The Dragon-Slaying Business Isn't What It Used to Be

'Twister" and "Mission: Impossible" blew into multiplexes just before Memorial Day, when the summer blockbuster season traditionally blasts off, and "The Rock" and "Independence Day" are poised to knock our socks the rest of the way off. Sandwiched between these humongous epics is "Dragonheart," no intimate little drama, but more modest than the screen-shakers it's competing against.

Top billing goes to Dennis Quaid as Bowen, a medieval knight with a strong arm, a trusty sword, and a trade that doesn't exactly flourish anymore: He's a dragon slayer, tramping the countryside in search of monsters to kill for a healthy fee from the peasants who hire him.

He cuts a dashing figure as he goes about his business, but his ideals are less lofty than in his youth, when he served as mentor to Einon, a young prince (David Thewlis) destined to rule the land. Einon has grown into a dangerous despot, terrorizing his people and forgetting the debt he owes our hero, who once saved his life by appealing to the magical powers of a benevolent dragon hanging out in a local cave.

Bowen is the hero, and Einon is the villain, but the reason for seeing "Dragonheart" is naturally that dragon. His name is Draco, and while he's a nasty-looking critter on the outside, on the inside he's like an overgrown Muppet with the nicest disposition this side of Kermit and company.

Dragons are really our friends, the film informs us, but we humans have forgotten their goodness and projected our own bad tendencies onto them.

Not that this makes much difference, since the dragon of this tale is the last one on Earth, and when he's gone the creatures will survive only in half-remembered myths. He may be gone pretty soon, too, since his existence is magically linked to Einon's wicked life. Getting rid of the tyrant could require Draco's death as a precondition, and Draco is such a sweetie that he's ready to make that sacrifice.

"Dragonheart" has a few flashes of genuine wit. My favorite is near the beginning, when a poetry-writing monk (Pete Postlethwaite) pens a worshipful ode to Bowen's skill as a dragonslayer, not noticing that our hero's latest exploit has entered a ridiculous standoff with Bowen embarassingly stuck in the dragon's mouth.

There's also some amusing banter, as when Draco keeps reminding Bowen that when he's gone the dragon-slaying business will be dead as a doornail, too. Is this a sly reference to changing employment trends, Middle Ages style?

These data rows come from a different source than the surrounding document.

-- ===== src/Cdp/Positions.antt =====
-- `NewCDP`, `UpdateCDP` and `EraseCDP` against the map of the positions, its two indexes and the totals.
use inery_persistent_memory.Base.{
  ◌+◌, ◌-◌, ◌%◌, u64_mod, ◌≡◌, ap, ◌∙◌, Bool, true, Option, if◌then◌else◌,
}
use inery_persistent_memory.StdMap.{KeyOps, same}
use inery_persistent_memory.Serialize.{Codec, ValueOps}
use inery_persistent_memory.DbUtil.{optional_value}
use inery_persistent_memory.DbUtil.KeyOrder.{uint_key, pair_key}
use inery_persistent_memory.DbConf.Prefix.{
  cdp, cdp_global_data, cdp_ratio_index, cdp_height_index, user_cdp,
}
use inery_persistent_memory.LevelDb.{LevelDb}
use inery_persistent_memory.LevelDb.Wrapper.{Outcome, ok, Lookup, found, absent}
use inery_persistent_memory.Composite.{visible, set_data, erase_data}
use inery_persistent_memory.Composite.View.{view}
use inery_persistent_memory.Cdp.{
  RatioOps, UserCdp, CdpGlobalData, RatioKey, HeightKey, CdpDb, make_cdp_ratio_index_key,
  make_cdp_height_index_key, add_cdp, subtract_cdp, change_totals, on_globals, on_ratios,
  on_heights, save_cdp_index_data, erase_cdp_index_data,
}
use inery_persistent_memory.Cdp.Index.{IndexedBy}
use inery_persistent_memory.Cdp.Writes.{
  AllReadable, set_everywhere, erase_everywhere, then_ok, also_ok, totals_of, change_totals_lem,
}
use inery_persistent_memory.Cdp.Filled.{Filled, shows-Filled, ratio_key-full, height_key-full}

module _ {I P R Q : Type 0} where
  -- totals with the amounts of a position, and without them, in 64 bits
  abbrev pub raised : UserCdp I P R Q → CdpGlobalData → CdpGlobalData
  raised c g = record {
    total_staked_assets = (g.total_staked_assets + c.total_staked_inrs) % u64_mod;
    total_owed_scoins = (g.total_owed_scoins + c.total_owed_scoins) % u64_mod;
  }

  abbrev pub lowered : UserCdp I P R Q → CdpGlobalData → CdpGlobalData
  lowered c g = record {
    total_staked_assets = (g.total_staked_assets + u64_mod - c.total_staked_inrs) % u64_mod;
    total_owed_scoins = (g.total_owed_scoins + u64_mod - c.total_owed_scoins) % u64_mod;
  }

module _ {I P R Q D : Type 0} ⦃io : KeyOps I⦄ ⦃po : KeyOps P⦄ ⦃ro : KeyOps R⦄
    ⦃vc : ValueOps (UserCdp I P R Q)⦄ ⦃vg : ValueOps CdpGlobalData⦄ ⦃ci : Codec I⦄ ⦃cp : Codec P⦄
    ⦃cc : Codec (UserCdp I P R Q)⦄ ⦃cg : Codec CdpGlobalData⦄ ⦃cu : Codec (R × P)⦄
    ⦃co : Codec (Option I)⦄ ⦃cr : Codec (RatioKey I P)⦄ ⦃ch : Codec (HeightKey I P)⦄
    ⦃ldb : LevelDb D⦄ (ratio_ops : RatioOps Q) where
  -- what the object shows: the positions, the totals, and the two indexes
  abbrev pub shown_cdps : CdpDb I P R Q D → I → Lookup (UserCdp I P R Q)
  shown_cdps db i = view cdp i db.cdps.cache

  abbrev pub shown_totals : CdpDb I P R Q D → P → Lookup CdpGlobalData
  shown_totals db q = view cdp_global_data q db.globals.cache

  -- the id of the position of an owner for a pair
  abbrev pub shown_users : CdpDb I P R Q D → R × P → Lookup (Option I)
  shown_users db k = view user_cdp k db.users.cache

  -- No read fails, and the indexes hold exactly the positions, each under its own key.
  pub record Consistent (db : CdpDb I P R Q D) : Type 0 where
    pub reads_globals : AllReadable cdp_global_data db.globals.cache
    pub reads_cdps : AllReadable cdp db.cdps.cache
    pub reads_users : AllReadable user_cdp db.users.cache
    pub reads_ratios : AllReadable cdp_ratio_index db.ratios.cache
    pub reads_heights : AllReadable cdp_height_index db.heights.cache
    pub by_ratio :
        IndexedBy
          (λ (c : UserCdp I P R Q). c.cdpid)
          (make_cdp_ratio_index_key ratio_ops)
          (shown_cdps db)
          (λ k. view cdp_ratio_index k db.ratios.cache)
    pub by_height :
        IndexedBy
          (λ (c : UserCdp I P R Q). c.cdpid)
          make_cdp_height_index_key
          (shown_cdps db)
          (λ k. view cdp_height_index k db.heights.cache)

  unfoldable pub saved : UserCdp I P R Q → CdpDb I P R Q D → CdpDb I P R Q D
  saved c db = record db {
    globals = (change_totals c.coin_pair (add_cdp c) db.globals).1;
    ratios = (set_data cdp_ratio_index (make_cdp_ratio_index_key ratio_ops c) c db.ratios).1;
    heights = (set_data cdp_height_index (make_cdp_height_index_key c) c db.heights).1;
  }

  unfoldable pub dropped : UserCdp I P R Q → CdpDb I P R Q D → CdpDb I P R Q D
  dropped c db = record db {
    globals = (change_totals c.coin_pair (subtract_cdp c) db.globals).1;
    ratios = (erase_data cdp_ratio_index (make_cdp_ratio_index_key ratio_ops c) db.ratios).1;
    heights = (erase_data cdp_height_index (make_cdp_height_index_key c) db.heights).1;
  }

  -- no read of the totals and of the indexes fails
  pub record Reads (db : CdpDb I P R Q D) : Type 0 where
    pub globals : AllReadable cdp_global_data db.globals.cache
    pub ratios : AllReadable cdp_ratio_index db.ratios.cache
    pub heights : AllReadable cdp_height_index db.heights.cache

  pub save_ok :
      (c : UserCdp I P R Q) (db : CdpDb I P R Q D)
      → Filled c
      → Reads db
      → save_cdp_index_data ratio_ops c db ≡ (ok true, saved c db)
  unfolding save_cdp_index_data saved on_globals on_ratios on_heights
  save_ok c db f r =
      let totals = change_totals_lem c.coin_pair (add_cdp c) db.globals f.has_pair r.globals in
      let ratio =
        set_everywhere cdp_ratio_index (make_cdp_ratio_index_key ratio_ops c) c db.ratios
          (ratio_key-full ratio_ops c f) r.ratios in
      let height =
        set_everywhere cdp_height_index (make_cdp_height_index_key c) c db.heights
          (height_key-full c f) r.heights in
      then_ok _ _ totals.0 ∙ then_ok _ _ ratio.0 ∙ ap (λ b. (b, saved c db)) height.0

  pub drop_ok :
      (c : UserCdp I P R Q) (db : CdpDb I P R Q D)
      → Filled c
      → Reads db
      → erase_cdp_index_data ratio_ops c db ≡ (ok true, dropped c db)
  unfolding erase_cdp_index_data dropped on_globals on_ratios on_heights
  drop_ok c db f r =
      let totals = change_totals_lem c.coin_pair (subtract_cdp c) db.globals f.has_pair r.globals in
      let ratio =
        erase_everywhere cdp_ratio_index (make_cdp_ratio_index_key ratio_ops c) db.ratios
          (ratio_key-full ratio_ops c f) r.ratios in
      let height =
        erase_everywhere cdp_height_index (make_cdp_height_index_key c) db.heights
          (height_key-full c f) r.heights in
      also_ok _ _ totals.0 ∙ then_ok _ _ ratio.0 ∙ ap (λ b. (b, dropped c db)) height.0

  pub Consistent-Reads : (db : CdpDb I P R Q D) → Consistent db → Reads db
  Consistent-Reads db k = record {
    globals = k.reads_globals;
    ratios = k.reads_ratios;
    heights = k.reads_heights;
  }

  -- what becomes of the totals and the indexes: of the position's entries, and of no others
  pub record IndexStep (c : UserCdp I P R Q) (r : Lookup (UserCdp I P R Q))
      (f : CdpGlobalData → CdpGlobalData) (db db' : CdpDb I P R Q D) : Type 0 where
    pub totals :
        (q : P)
        → shown_totals db' q ≡ (
            if same q c.coin_pair
            then visible (found (f (totals_of (shown_totals db c.coin_pair))))
            else shown_totals db q)
    pub ratios :
        (k : RatioKey I P)
        → view cdp_ratio_index k db'.ratios.cache ≡ (
            if same k (make_cdp_ratio_index_key ratio_ops c)
            then r
            else view cdp_ratio_index k db.ratios.cache)
    pub heights :
        (k : HeightKey I P)
        → view cdp_height_index k db'.heights.cache ≡ (
            if same k (make_cdp_height_index_key c)
            then r
            else view cdp_height_index k db.heights.cache)
    pub reads : Reads db'

  pub saved-IndexStep :
      (c : UserCdp I P R Q) (db : CdpDb I P R Q D)
      → Filled c
      → Reads db
      → IndexStep c (found c) (add_cdp c) db (saved c db)
  unfolding saved
  saved-IndexStep c db f r =
      let totals = change_totals_lem c.coin_pair (add_cdp c) db.globals f.has_pair r.globals in
      let ratio =
        set_everywhere cdp_ratio_index (make_cdp_ratio_index_key ratio_ops c) c db.ratios
          (ratio_key-full ratio_ops c f) r.ratios in
      let height =
        set_everywhere cdp_height_index (make_cdp_height_index_key c) c db.heights
          (height_key-full c f) r.heights in
      record {
        totals = totals.1;
        ratios = λ k.
            ratio.1 k
            ∙ shows-Filled c (same k (make_cdp_ratio_index_key ratio_ops c))
                (view cdp_ratio_index k db.ratios.cache) f;
        heights = λ k.
            height.1 k
            ∙ shows-Filled c (same k (make_cdp_height_index_key c))
                (view cdp_height_index k db.heights.cache) f;
        reads = record { globals = totals.2; ratios = ratio.2; heights = height.2 };
      }

  pub dropped-IndexStep :
      (c : UserCdp I P R Q) (db : CdpDb I P R Q D)
      → Filled c
      → Reads db
      → IndexStep c absent (subtract_cdp c) db (dropped c db)
  unfolding dropped
  dropped-IndexStep c db f r =
      let totals = change_totals_lem c.coin_pair (subtract_cdp c) db.globals f.has_pair r.globals in
      let ratio =
        erase_everywhere cdp_ratio_index (make_cdp_ratio_index_key ratio_ops c) db.ratios
          (ratio_key-full ratio_ops c f) r.ratios in
      let height =
        erase_everywhere cdp_height_index (make_cdp_height_index_key c) db.heights
          (height_key-full c f) r.heights in
      record {
        totals = totals.1;
        ratios = ratio.1;
        heights = height.1;
        reads = record { globals = totals.2; ratios = ratio.2; heights = height.2 };
      }

  -- What a call is to leave: the object stays consistent; the position is there, or gone; of the
  -- users' entries only the one of the key changes; the totals of the pair of the position become
  -- the new ones, and those of the other pairs stay.
  pub record Changed (out : Outcome Bool × CdpDb I P R Q D) (db : CdpDb I P R Q D)
      (c : UserCdp I P R Q) (r : Lookup (UserCdp I P R Q)) (key : R × P) (user : Lookup (Option I))
      (totals_after : CdpGlobalData) : Type 0 where
    pub succeeds : out.0 ≡ ok true
    pub consistent : Consistent out.1
    pub positions : (i : I) → shown_cdps out.1 i ≡ (if same i c.cdpid then r else shown_cdps db i)
    pub users : (k : R × P) → shown_users out.1 k ≡ (if same k key then user else shown_users db k)
    pub totals :
        (q : P)
        → shown_totals out.1 q
          ≡ (if same q c.coin_pair then visible (found totals_after) else shown_totals db q)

"Dragonheart" doesn't have much substance, though, and the superb animation of Draco's lips- matching Sean Connery's off-screen voice with remarkable precision - is slim competition for the helicopter crash of "Mission: Impossible" or the twisters of "Twister."

The adventure is also more violent than it had to be, swamping Draco's charms in a whole lot of mayhem. Dragons may be more virtuous than we thought, but we humans still have an unfortunate weakness for sanguinary spectacles.

*'Dragonheart' has a PG-13 rating. It contains a good deal of graphic violence.